Вот такая история. Несколько дней, после того, как я прочитал это, в голову лезли аналогичные ситуации из тех времён, порой куда более крутые и чудесные, чем то, что случайно подсмотрела эта женщина. Если даже вкратце пересказать некоторые из них - есть реальный шанс прослыть отъявленным религиозным фанатиком, погрязшим в собственной, оторванной от грешного этого мира, реальности.

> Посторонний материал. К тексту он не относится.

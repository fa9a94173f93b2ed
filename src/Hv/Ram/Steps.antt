-- ===== src/Hv/Ram/Steps.antt =====
-- Each step of a thread is fair to the others, so the invariant holds wherever the steps lead.
use obliteration.Prelude.{
  ℕ, ◌+◌, ◌%◌, ◌≡◌, ◌<◌, refl, sym, ap, ◌∙◌, Bool, true, false, some, arith, subst, inl, inr,
  dec_lt, done, ok,
}
use obliteration.Prelude.Steps.{down_aligned}
use obliteration.Hv.Ram.{
  locked, Blocks, in_range, Ram, block_size, LockRound, lock_round, lock_bounds, drop_lock,
  FreeRound, free_round, alloc,
}
use obliteration.Hv.Ram.Blocks.{get_block, Ordered, get_block-unlock, unlock_range-Ordered}
use obliteration.Hv.Ram.Allocs.{alloc-Allocated}
use obliteration.Hv.Ram.Locking.{Grows, LockResult, lock_round-LockResult}
use obliteration.Hv.Ram.Removals.{FreeResult, free_round-FreeResult}
use obliteration.Hv.Ram.System.{
  Phase, idle, locking, holding, freeing, Sys, set_phase, initial, start_of, Step, allocs,
  lock_starts, lock_pauses, lock_succeeds, lock_fails, drops, free_starts, free_pauses, free_ends,
  free_breaks, Reach, start, onward, holds,
}
use obliteration.Hv.Ram.Safety.{InStep, Safe, Fair, Fair-Safe}

module _ (commit map decommit : ℕ → ℕ → Bool) (r : Ram) (pos : 0 < block_size r) where
  abbrev FairTo : Sys → ℕ → Phase → Blocks → Type 0
  FairTo s t p after = Fair commit map decommit r pos s t p after

  abbrev SafeSys : Sys → Type 0
  SafeSys s = Safe commit map decommit r pos s

  abbrev mine : Phase → ℕ → Bool
  mine p x = holds commit map decommit r p x

  -- A thread that ends up holding nothing, and has changed no block of the others.
  gives_up :
      (s : Sys) (t : ℕ) (p : Phase) (after : Blocks)
      → ((x : ℕ) → mine p x ≡ false)
      → InStep commit map decommit r pos p
      → ((x : ℕ)
          → get_block s.blocks x ≡ some locked
          → mine (s.phase t) x ≡ false
          → get_block after x ≡ some locked)
      → Ordered (block_size r) 0 after
      → FairTo s t p after
  gives_up s t p after free step k w = record {
    keeps = k;
    takes = λ x al h. cc (h, free x);
    fresh = λ x al h. cc (h, free x);
    order = w;
    in_step = step;
  }

  allocs_fairly :
      (s : Sys) (t addr len : ℕ) (after : Blocks)
      → SafeSys s
      → alloc commit map r addr len s.blocks ≡ done (ok after)
      → FairTo s t (holding addr len) after
  allocs_fairly s t addr len after i h =
      let (a, al) = alloc-Allocated commit map r addr len s.blocks after pos i.order h in
      record {
        keeps = λ x k l. a.keeps x locked k;
        takes = λ x m k. a.now x m (ground (arith, al));
        fresh = λ x m k. inr (λ l. cc (l, a.were x (ground (arith, al))));
        order = a.order;
        in_step = tt;
      }

  fair_growth :
      (s : Sys) (t addr len next to : ℕ) (p : Phase) (after : Blocks)
      → SafeSys s
      → s.phase t ≡ locking addr len next
      → Grows (block_size r) next to s.blocks after
      → ((x : ℕ) → mine p x ≡ true → in_range (start_of commit map decommit r addr) to x ≡ true)
      → InStep commit map decommit r pos p
      → FairTo s t p after
  fair_growth s t addr len next to p after i h g reach step = record {
    keeps = λ x k l. g.keeps x k;
    takes = λ x al k. elim (dec_lt x next) [
      | yes old ↦ g.keeps x (i.owned t x al (ap (λ q. mine q x) h ∙ ground (arith, reach x k)))
      | no new ↦ g.now x al (ground (arith, reach x k))
    ];
    fresh = λ x al k. elim (dec_lt x next) [
      | yes old ↦ inl (ap (λ q. mine q x) h ∙ ground (arith, reach x k))
      | no new ↦ inr (λ l. cc (l, g.were x al (ground (arith, reach x k))))
    ];
    order = g.order;
    in_step = step;
  }

  round_result :
      (s : Sys) (t addr len next : ℕ) (result : LockRound)
      → SafeSys s
      → s.phase t ≡ locking addr len next
      → lock_round (block_size r) (start_of commit map decommit r addr) next (addr + len) s.blocks
        ≡ result
      → LockResult
          (block_size r)
          (start_of commit map decommit r addr)
          next
          (addr + len)
          s.blocks
          result
  round_result s t addr len next result i h e =
      let step = subst (InStep commit map decommit r pos) h (i.in_step t) in
      subst
        (LockResult (block_size r) (start_of commit map decommit r addr) next (addr + len) s.blocks)
        e
        (lock_round-LockResult (block_size r) (start_of commit map decommit r addr) next
          (addr + len) s.blocks pos step.0 i.order)

  free_result :
      (s : Sys) (addr end : ℕ) (result : FreeRound)
      → SafeSys s
      → free_round decommit (block_size r) addr end s.blocks ≡ result
      → FreeResult decommit (block_size r) addr end s.blocks result
  free_result s addr end result i e =
      subst (FreeResult decommit (block_size r) addr end s.blocks) e
        (free_round-FreeResult decommit (block_size r) addr end s.blocks pos i.order)

  lands :
      {s' : Sys} (s : Sys) (t : ℕ) (p : Phase) (after : Blocks)
      → SafeSys s
      → FairTo s t p after
      → s' ≡ record { blocks = after; phase = set_phase s.phase t p }
      → SafeSys s'
  lands s t p after i f e =
      subst SafeSys (sym e) (Fair-Safe commit map decommit r pos s t p after i f)

  bounds_start :
      (addr len begin end : ℕ)
      → lock_bounds r addr len ≡ some (begin, end)
      → begin ≡ start_of commit map decommit r addr
  unfolding lock_bounds
  bounds_start addr len begin end h = ground arith

  dropped :
      (addr len : ℕ) (blocks : Blocks) (x : ℕ)
      → in_range (start_of commit map decommit r addr) (addr + len) x ≡ false
      → get_block (drop_lock r addr len blocks) x ≡ get_block blocks x
  unfolding drop_lock
  dropped addr len blocks x h =
      get_block-unlock (start_of commit map decommit r addr) (addr + len) x blocks h

  drop_Ordered :
      (addr len : ℕ) (blocks : Blocks)
      → Ordered (block_size r) 0 blocks
      → Ordered (block_size r) 0 (drop_lock r addr len blocks)
  unfolding drop_lock
  drop_Ordered addr len blocks w = unlock_range-Ordered (block_size r) 0 _ _ blocks w

  pub Step-Safe : {s s' : Sys} → Step commit map decommit r s s' → SafeSys s → SafeSys s'
  Step-Safe {s} (allocs t addr len after h a e) i =
      lands s t (holding addr len) after i (allocs_fairly s t addr len after i a) e
  Step-Safe {s} (lock_starts t addr len begin end h b e) i =
      let same = bounds_start addr len begin end b in
      lands s t (locking addr len begin) s.blocks i
        (gives_up s t (locking addr len begin) s.blocks (λ x. ground (arith, same))
          (ap (λ y. y % block_size r) same ∙ down_aligned addr (block_size r), omega (arith, same))
          (λ x k l. k) i.order)
        e
  Step-Safe {s} (lock_pauses t addr len next next' after h a e) i =
      let g = round_result s t addr len next _ i h a in
      let step = subst (InStep commit map decommit r pos) h (i.in_step t) in
      lands s t (locking addr len next') after i
        (fair_growth s t addr len next next' (locking addr len next') after i h g (λ x k. k)
          (g.aligned, omega (arith, step.1, g.upwards)))
        e
  Step-Safe {s} (lock_succeeds t addr len next after h a e) i =
      let (to, whole, g) = round_result s t addr len next _ i h a in
      lands s t (holding addr len) after i
        (fair_growth s t addr len next to (holding addr len) after i h g
          (λ x k. ground (arith, whole)) tt)
        e
  Step-Safe {s} (lock_fails t addr len next after h a e) i =
      let (keeps, order) = round_result s t addr len next _ i h a in
      lands s t idle after i
        (gives_up s t idle after (λ x. refl) tt
          (λ x k l. keeps x k (sym (ap (λ q. mine q x) h) ∙ l)) order)
        e
  Step-Safe {s} (drops t addr len h e) i =
      let begin : ℕ = start_of commit map decommit r addr in
      lands s t idle (drop_lock r addr len s.blocks) i
        (gives_up s t idle (drop_lock r addr len s.blocks) (λ x. refl) tt
          (λ x k l. dropped addr len s.blocks x (sym (ap (λ q. mine q x) h) ∙ l) ∙ k)
          (drop_Ordered addr len s.blocks i.order))
        e
  Step-Safe {s} (free_starts t addr len end h a e) i =
      lands s t (freeing addr end) s.blocks i
        (gives_up s t (freeing addr end) s.blocks (λ x. refl) tt (λ x k l. k) i.order) e
  Step-Safe {s} (free_pauses t addr end next after h a e) i =
      let f = free_result s addr end _ i a in
      lands s t (freeing next end) after i
        (gives_up s t (freeing next end) after (λ x. refl) tt (λ x k l. f.0.keeps x k) f.0.order) e
  Step-Safe {s} (free_ends t addr end after h a e) i =
      let f = free_result s addr end _ i a in
      lands s t idle after i (gives_up s t idle after (λ x. refl) tt (λ x k l. f.keeps x k) f.order)
        e
  Step-Safe {s} (free_breaks t addr end h a e) i =
      lands s t idle s.blocks i (gives_up s t idle s.blocks (λ x. refl) tt (λ x k l. k) i.order) e

  initial-Safe : SafeSys initial
  initial-Safe = record {
    order = tt;
    owned = λ t x al h. cc;
    alone = λ t u x al h k. cc;
    in_step = λ t. tt;
  }

  -- Whatever calls of `alloc`, `lock`, `dealloc` and of the guards' `drop` threads have made, in any
  -- order of their rounds: each block that a thread has locked is allocated and locked, no block is
  -- locked by two threads, and the map is in order.
  pub Reach-Safe : {s : Sys} → Reach commit map decommit r initial s → SafeSys s
  Reach-Safe start = initial-Safe
  Reach-Safe (onward past step) = Step-Safe step (Reach-Safe past)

Размышляя, таким образом, над стремительными превратностями изменчивого сего мира, брёл я, в середине этого жаркого лета, через пресловутый перекрёсток, по суетным своим делам. И вдруг - будто картинка мыслей моих - навстречу мне, со стороны Калуги, шли два человека. Я даже остановился, сойдя на обочину, любуясь точностью их облика: оба - и парень, и девушка, с хайром, небрежно заброшенным за плечи, котомки, майки с замысловатыми рисунками, свитера на бёдрах, и пыльные кроссовки, - шли, взявшись за руки, и в лицах их была та светлая уверенность, присущая людям, идущим сугубо по собственной дороге. Пока я разбирался, глядя им вслед, с реальностью и воспоминаниями, вмиг смешавшимися от неожиданности в моей голове, мимо нас пропылил, тормозя, не менее канонический, в подобной ситуации, КАМАЗ, из кабины которого выпрыгнули, благодаря Господа и водилу, ещё двое таких же, а пока они, поправляя дорожные сумки, приветствовали тех, встретившихся мне, присоединилась к ним, выпорхнув из тени придорожных зарослей, третья пара, завершив, таким образом, судя по общей жестикуляции, триумфальный въезд странствующей тусовки в пункт конечного назначения. Осмотревшись, ребятки со знанием дела направились в единственно возможную от перекрёстка сторону - туда, где за рекой торжественно белеет на опушке тёмного соснового бора Оптина Пустынь, а за бором тем ожидает их, в приветливой, пронизанной солнцем лощине, Долина Любви.

Славные, всё-таки времена наши, славные они, всё-таки, всегда. И ныне, и присно, и во веки веков. Аминь.